Eine coole Schlagzeugeinlage von Kesseldrescher Tom Hunting eröffnet ab der Songmitte die Wiederholung der Grundstruktur. Der bisher schwächste Song der neuen Scheibe, mit einem echt nervenden Refrain.

Das gleicht jedoch Schlag Nr. neun, „Impaler“, wieder aus. Durch einen mitreißenden Beginn kesselt dieser Track nach Noten.

Und mittels bestem Old School-Stil ist es hier fast nicht mehr möglich, noch mehr Thrash-Aura der 80er zu verströmen.
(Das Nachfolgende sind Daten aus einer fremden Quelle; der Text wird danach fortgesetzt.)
-- ===== src/App/Routes.antt =====
-- cmd/app/routes.go and internal/api/swagger.go: what the HTTP server serves, and how.
use exchange_rate_quote_serv.Prelude.{
  ℕ, Text, codes, text_eq, Bool, true, false, ◌&&◌, not, any, List, [], ◌∷◌, ◌++◌, ◌≡◌, refl,
}
use exchange_rate_quote_serv.Prelude.Int.{signed_decimal}
use exchange_rate_quote_serv.Config.{ServerConfig}

-- The handlers that are registered.
pub data Endpoint : Type 0 where
  request_update quote_by_id latest_quote healthz readyz swagger_ui openapi_spec asynqmon : Endpoint

pub data Middleware : Type 0 where
  id_middleware logging_middleware recoverer : Middleware

-- A method and a pattern of package chi; `MOUNT` is a handler of every method below a path.
pub record Route : Type 0 where
  pub method : Text
  pub pattern : Text
  pub endpoint : Endpoint

-- The fields of `http.Server` that are set; the timeouts are in nanoseconds.
pub record HttpServer : Type 0 where
  pub addr : Text
  pub middlewares : List Middleware
  pub routes : List Route
  pub read_header_timeout : ℕ
  pub write_timeout : ℕ
  pub idle_timeout : ℕ

abbrev route : Text → Text → Endpoint → Route
route method pattern endpoint = record { method = method; pattern = pattern; endpoint = endpoint }

abbrev pub quote_routes : List Route
quote_routes =
    route (codes "POST") (codes "/quotes/update") Endpoint.request_update
    ∷ route (codes "GET") (codes "/quotes/{update_id}") Endpoint.quote_by_id
    ∷ route (codes "GET") (codes "/quotes/latest") Endpoint.latest_quote
    ∷ route (codes "GET") (codes "/healthz") Endpoint.healthz
    ∷ route (codes "GET") (codes "/readyz") Endpoint.readyz
    ∷ []

abbrev pub swagger_routes : Bool → List Route
swagger_routes true =
    route (codes "GET") (codes "/swagger/*") Endpoint.swagger_ui
    ∷ route (codes "GET") (codes "/openapi.json") Endpoint.openapi_spec
    ∷ []
swagger_routes false = []

abbrev pub asynqmon_routes : Bool → List Route
asynqmon_routes true = route (codes "MOUNT") (codes "/asynq") Endpoint.asynqmon ∷ []
asynqmon_routes false = []

-- `initHTTP`; `asynq_mon` is `app.asynqMon != nil`.
unfoldable pub init_http : ServerConfig → (asynq_mon : Bool) → HttpServer
init_http cfg asynq_mon = record {
  addr = b':' ∷ signed_decimal cfg.port;
  middlewares =
      Middleware.id_middleware ∷ Middleware.logging_middleware ∷ Middleware.recoverer ∷ [];
  routes =
      quote_routes
      ++ (swagger_routes cfg.serve_swagger ++ asynqmon_routes (cfg.serve_asynqmon && asynq_mon));
  read_header_timeout = 5000000000;
  write_timeout = 15000000000;
  idle_timeout = 60000000000;
}

-- `http.Redirect`
pub record Redirect : Type 0 where
  pub url : Text
  pub status : ℕ

-- `OpenAPISpecHandler`
unfoldable pub openapi_spec_handler : Redirect
openapi_spec_handler = record { url = codes "/swagger/doc.json"; status = 307 }

abbrev same_route : Route → Route → Bool
same_route r s = text_eq r.method s.method && text_eq r.pattern s.pattern

abbrev pub are_distinct : List Route → Bool
are_distinct [] = true
are_distinct (r ∷ rs) = not (any (same_route r) rs) && are_distinct rs

both_distinct :
    (swagger mon : Bool)
    → are_distinct (quote_routes ++ (swagger_routes swagger ++ asynqmon_routes mon)) ≡ true
unfolding text_eq
both_distinct true true = refl
both_distinct true false = refl
both_distinct false true = refl
both_distinct false false = refl

-- No configuration registers two handlers for the same method and pattern.
pub init_http-distinct :
    (cfg : ServerConfig) (mon : Bool) → are_distinct (init_http cfg mon).routes ≡ true
unfolding init_http
init_http-distinct cfg mon = both_distinct cfg.serve_swagger (cfg.serve_asynqmon && mon)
Ein feurig furioser Knaller mit einem Funken sprühenden Highspeed-Solo, welches nur so nach allen Seiten fetzt. Total hysterische Vokalisierung duelliert sich mit bollernd donnerndem Saitenangriff.

Der knallharte Rausschmeißer und fulminante Titelsong schließlich, „Tempo Of The Damned“ lässt die kreischende Thrash-Sau dann kilometerhoch durch die Lüfte fliegen.

Die Band scheint zum Abschluss noch mal alles zu geben und bündelt ihre Energien. Die Hölle bricht los, mutmaßt man fast.

Anschließend geht es zurück ins heimelige Bürgerstüble, zum Aufwärmen und für Interviews.

Dort plaudere ich noch ganz entspannt mit Trommler Tom Hunting.

„Ich hoffe, die Fans spüren beim Hören der neuen Platte das Feeling, welches wir beim Komponieren und Aufnehmen der aktuellen Stücke hatten“, gibt er mit einem Lächeln auf den Lippen zu Protokoll.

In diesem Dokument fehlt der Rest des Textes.